The faction of the party nominally headed by ailing former Prime Minister Kakuei Tanaka is regarded as holding the key to how long Nakasone will be allowed to stay on. It controls nearly a third of the votes needed to elect a new party leader. Nakasone and Tanaka together control nearly half the votes.

Two of the Tanaka faction's most influential leaders, Susumu Nikaido, a party vice president, and Shin Kanemaru, the party secretary general, have advocated that Nakasone be allowed to serve until the end of the next regular session of Parliament, or until around May or June of 1987.

Parliament to Meet

An extraordinary session of Parliament will open Tuesday to deal only with the selection of parliamentary officers and the re-designation of Nakasone as prime minister after the Liberal Democrats' overwhelming victory in the election of July 6. Nakasone will then name a new Cabinet.

The consensus to allow Nakasone to stay on came about as a result of the election, which gave the Liberal Democrats a 48-seat majority in the lower house of Parliament, where the prime minister is elected.
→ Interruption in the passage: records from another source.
-- ===== src/IndexMap/Iterators.antt =====
-- src/schedule_runner.rs, `mod index_map`: `Indeces`, `Values`, `IterMut` and `ValuesMut`. A reference that
-- `IterMut` yields is written to before the next call, so a loop takes its body as a function of the
-- element that returns the new one.
use rinklers.Prelude.{ℕ, zero, suc, ◌-◌, Option, none, some, List, [], ◌∷◌, length, set}
use rinklers.IndexMap.{element, IndexMap, Iter, iter, next, next_loop}

-- `size_hint` of all the iterators
abbrev pub size_hint {ℓ} : {E : Type ℓ} → Iter E → ℕ × Option ℕ
size_hint it = (0, some (length it.index_map.entries))

pub record Indeces {ℓ} (E : Type ℓ) : Type ℓ where
  pub inner : Iter E

pub record Values {ℓ} (E : Type ℓ) : Type ℓ where
  pub inner : Iter E

pub record IterMut {ℓ} (E : Type ℓ) : Type ℓ where
  pub index_map : IndexMap E
  pub index : ℕ

pub record ValuesMut {ℓ} (E : Type ℓ) : Type ℓ where
  pub inner : IterMut E

module _ {ℓ} {E : Type ℓ} where
  abbrev pub indeces : IndexMap E → Indeces E
  indeces m = record { inner = iter m }

  abbrev pub index_of : Option (ℕ × E) → Option ℕ
  index_of none = none
  index_of (some (i, e)) = some i

  -- `Indeces::next`
  unfoldable pub next_index : Indeces E → Option ℕ × Indeces E
  unfolding next
  next_index it = let (item, inner) = next it.inner in (index_of item, record { inner = inner })

  abbrev pub values : IndexMap E → Values E
  values m = record { inner = iter m }

  abbrev pub value_of : Option (ℕ × E) → Option E
  value_of none = none
  value_of (some (i, e)) = some e

  -- `Values::next`
  unfoldable pub next_value : Values E → Option E × Values E
  unfolding next
  next_value it = let (item, inner) = next it.inner in (value_of item, record { inner = inner })

  -- `collect` over each, with a bound on the calls
  unfoldable pub collect_indeces : ℕ → Indeces E → List ℕ
  collect_indeces zero it = []
  collect_indeces (suc calls) it =
      let (item, it') = next_index it in
      elim item [ none ↦ [] | some i ↦ i ∷ collect_indeces calls it' ]

  unfoldable pub collect_values : ℕ → Values E → List E
  collect_values zero it = []
  collect_values (suc calls) it =
      let (item, it') = next_value it in
      elim item [ none ↦ [] | some e ↦ e ∷ collect_values calls it' ]

  abbrev pub iter_mut : IndexMap E → IterMut E
  iter_mut m = record { index_map = m; index = 0 }

  -- `IterMut::next`: the index and the element that the reference points to
  unfoldable pub next_mut : IterMut E → Option (ℕ × E) × IterMut E
  unfolding next_loop
  next_mut it =
      let (item, i) =
        next_loop (length it.index_map.entries - it.index) it.index_map.entries it.index in
      (item, record it { index = i })

  -- `IntoIterator`, for a shared and for a mutable reference
  abbrev pub into_iter : IndexMap E → Iter E
  into_iter m = iter m

  abbrev pub into_iter_mut : IndexMap E → IterMut E
  into_iter_mut m = iter_mut m

  abbrev pub values_mut : IndexMap E → ValuesMut E
  values_mut m = record { inner = iter_mut m }

  -- `ValuesMut::next`
  unfoldable pub next_value_mut : ValuesMut E → Option E × ValuesMut E
  unfolding next_mut
  next_value_mut it =
      let (item, inner) = next_mut it.inner in (value_of item, record { inner = inner })

  -- an assignment through the reference to the element at `i`
  unfoldable pub write : IterMut E → ℕ → E → IterMut E
  write it i e = record it {
    index_map = record (it.index_map) { entries = set it.index_map.entries i (element e) };
  }

  module _ {κ} {S : Type κ} (body : ℕ → E → S → E × S) where
    -- a `for` loop over an `IterMut`, with a bound on the calls of `next`; `S` is what the body changes
    -- beside the element
    unfoldable pub for_mut : ℕ → IterMut E → S → IndexMap E × S
    for_mut zero it s = (it.index_map, s)
    for_mut (suc calls) it s =
        let (item, it') = next_mut it in
        elim item [
          | none ↦ (it'.index_map, s)
          | some (i, e) ↦ let (e', s') = body i e s in for_mut calls (write it' i e') s'
        ]

-- a `for` loop over `values_mut`
abbrev pub for_values {ℓ κ} :
    {E : Type ℓ} {S : Type κ} → (E → S → E × S) → ℕ → IndexMap E → S → IndexMap E × S
for_values body calls m s = for_mut (λ i e s'. body e s') calls (iter_mut m) s
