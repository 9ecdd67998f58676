-- ===== src/IndexMap/Removal.antt =====
-- `remove`: the entry joins the free list, and the next insertion takes it again.
use rinklers.Prelude.{
  ℕ, zero, suc, ◌<◌, ◌≤◌, ◌≡◌, refl, ap, inl, inr, Option, none, some, List, [], ◌∷◌, false, done,
  panicked, length, get_elem?, set, contains, get_elem?-set, get_elem?_past, get_elem?_inside,
  lt-length, length-set, set-set, Option-cases, Bool-cases, arith, if◌then◌else◌, ◌==◌,
}
use rinklers.IndexMap.{Entry, element, empty, IndexMap, insert, remove}
use rinklers.IndexMap.Invariant.{view, link, IsValid, Chain-cong, Chain-link}

module _ {ℓ} {E : Type ℓ} where
  -- What a removal at `i` gives: the element that was there, and a map without it.
  pub record Removed (m : IndexMap E) (i : ℕ) (m' : IndexMap E) : Type ℓ where
    pub valid : IsValid m'
    pub gone : (j : ℕ) → view m' j ≡ (if i == j then none else view m j)
    pub size : length m'.entries ≡ length m.entries

  link-set_empty :
      (es : List (Entry E)) (i : ℕ) (n : Option ℕ) (j : ℕ)
      → i < length es
      → link (set es i (empty n)) j ≡ (if i == j then some n else link es j)
  link-set_empty es i n j h = ground (arith, get_elem?-set es i j (empty n) h)

  -- An index on the free list holds no element.
  free-vacant :
      (m : IndexMap E) (v : IsValid m) (i : ℕ) {e : E}
      → get_elem? m.entries i ≡ some (element e)
      → contains i v.free ≡ false
  free-vacant m v i h = elim (Bool-cases (contains i v.free)) [
    | inl on ↦
        let (n, l) = Chain-link (link m.entries) m.next_empty v.free i v.chain on in ground arith
    | inr off ↦ off
  ]

  pub remove-occupied :
      (m : IndexMap E) (i : ℕ) (e : E)
      → IsValid m
      → get_elem? m.entries i ≡ some (element e)
      → Removed m i (record { entries = set m.entries i (empty m.next_empty); next_empty = some i })
  remove-occupied m i e v h =
      let inside = lt-length m.entries i h in
      let off = free-vacant m v i h in
      let at = λ (j : ℕ). link-set_empty m.entries i m.next_empty j inside in
      record {
        valid = record {
          free = i ∷ v.free;
          chain = (
            refl,
            m.next_empty,
            ground (arith, at i),
            Chain-cong (link m.entries) _ m.next_empty v.free (λ j k. ground (arith, at j, k))
                v.chain,
          );
          distinct = (off, v.distinct);
          covers = λ j n k. ground (arith, at j, v.covers j n);
        };
        gone = λ j. ground (arith, get_elem?-set m.entries i j (empty m.next_empty) inside);
        size = length-set m.entries i (empty m.next_empty);
      }

  set_same : (es : List (Entry E)) (i : ℕ) (x : Entry E) → get_elem? es i ≡ some x → set es i x ≡ es
  set_same [] i x h = refl
  set_same (y ∷ es) zero x h = ground arith
  set_same (y ∷ es) (suc i) x h = ap (◌∷◌ y) (set_same es i x h)

  -- In range, `remove` returns what the index held and removes it; an empty index changes nothing.
  pub remove-Removed :
      (m : IndexMap E) (i : ℕ)
      → IsValid m
      → i < length m.entries
      → (m' : IndexMap E) × (remove m i ≡ done (view m i, m'))
        × Removed m i m'
        × (view m i ≡ none → m' ≡ m)
  unfolding remove
  remove-Removed m i v h =
      at_entry (get_elem?_inside m.entries i h).0 (get_elem?_inside m.entries i h).1
    where
      at_entry :
          (x : Entry E)
          → get_elem? m.entries i ≡ some x
          → (m' : IndexMap E) × (remove m i ≡ done (view m i, m'))
            × Removed m i m'
            × (view m i ≡ none → m' ≡ m)
      at_entry (element e) k =
          (_, ground arith, remove-occupied m i e v k, λ none_there. ground arith)
      at_entry (empty n) k = (
        m,
        ground (arith, set_same m.entries i (empty n) k),
        record { valid = v; gone = λ j. ground arith; size = refl },
        λ _. refl,
      )

  -- Out of range it panics, as indexing a vector does.
  pub remove_out_of_range : (m : IndexMap E) (i : ℕ) → length m.entries ≤ i → remove m i ≡ panicked
  unfolding remove
  remove_out_of_range m i h = ground (arith, get_elem?_past m.entries i h)

  -- A removed element's index is the next one to be given out, and the vector does not grow.
  pub insert-remove :
      (m m' : IndexMap E) (i : ℕ) (e e' : E)
      → view m i ≡ some e
      → remove m i ≡ done (some e, m')
      → insert m' e' ≡ done (i, record m { entries = set m.entries i (element e') })
  unfolding remove insert
  insert-remove m m' i e e' held h = elim (Option-cases (get_elem? m.entries i)) [
    | inl k ↦ ground arith
    | inr (empty n, k) ↦ ground arith
    | inr (element x, k) ↦ ground (
      arith,
      set-set m.entries i (empty m.next_empty) (element e'),
      get_elem?-set m.entries i i (empty m.next_empty) (lt-length m.entries i k),
    )
  ]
The party leaders agreed that they should not try to force Nakasone out of office less than four months after the voters gave him a landslide mandate.

In another development, U.S. Senate Majority Leader Bob Dole (R-Kan) announced Thursday that he and Minority Leader Robert C. Byrd (D-West Va.) were soliciting signatures on a letter to Nakasone telling him that his victory created "an unprecedented opportunity" for progress in reducing America's trade deficit with Japan, which is heading toward $60 billion for this year.

In a statement issued in Washington, Dole said: "We must not allow commercial grievances to divide us. We must make every effort to solve them, and now we have been presented with an extraordinary chance to do so. We would be foolish not to seize the moment."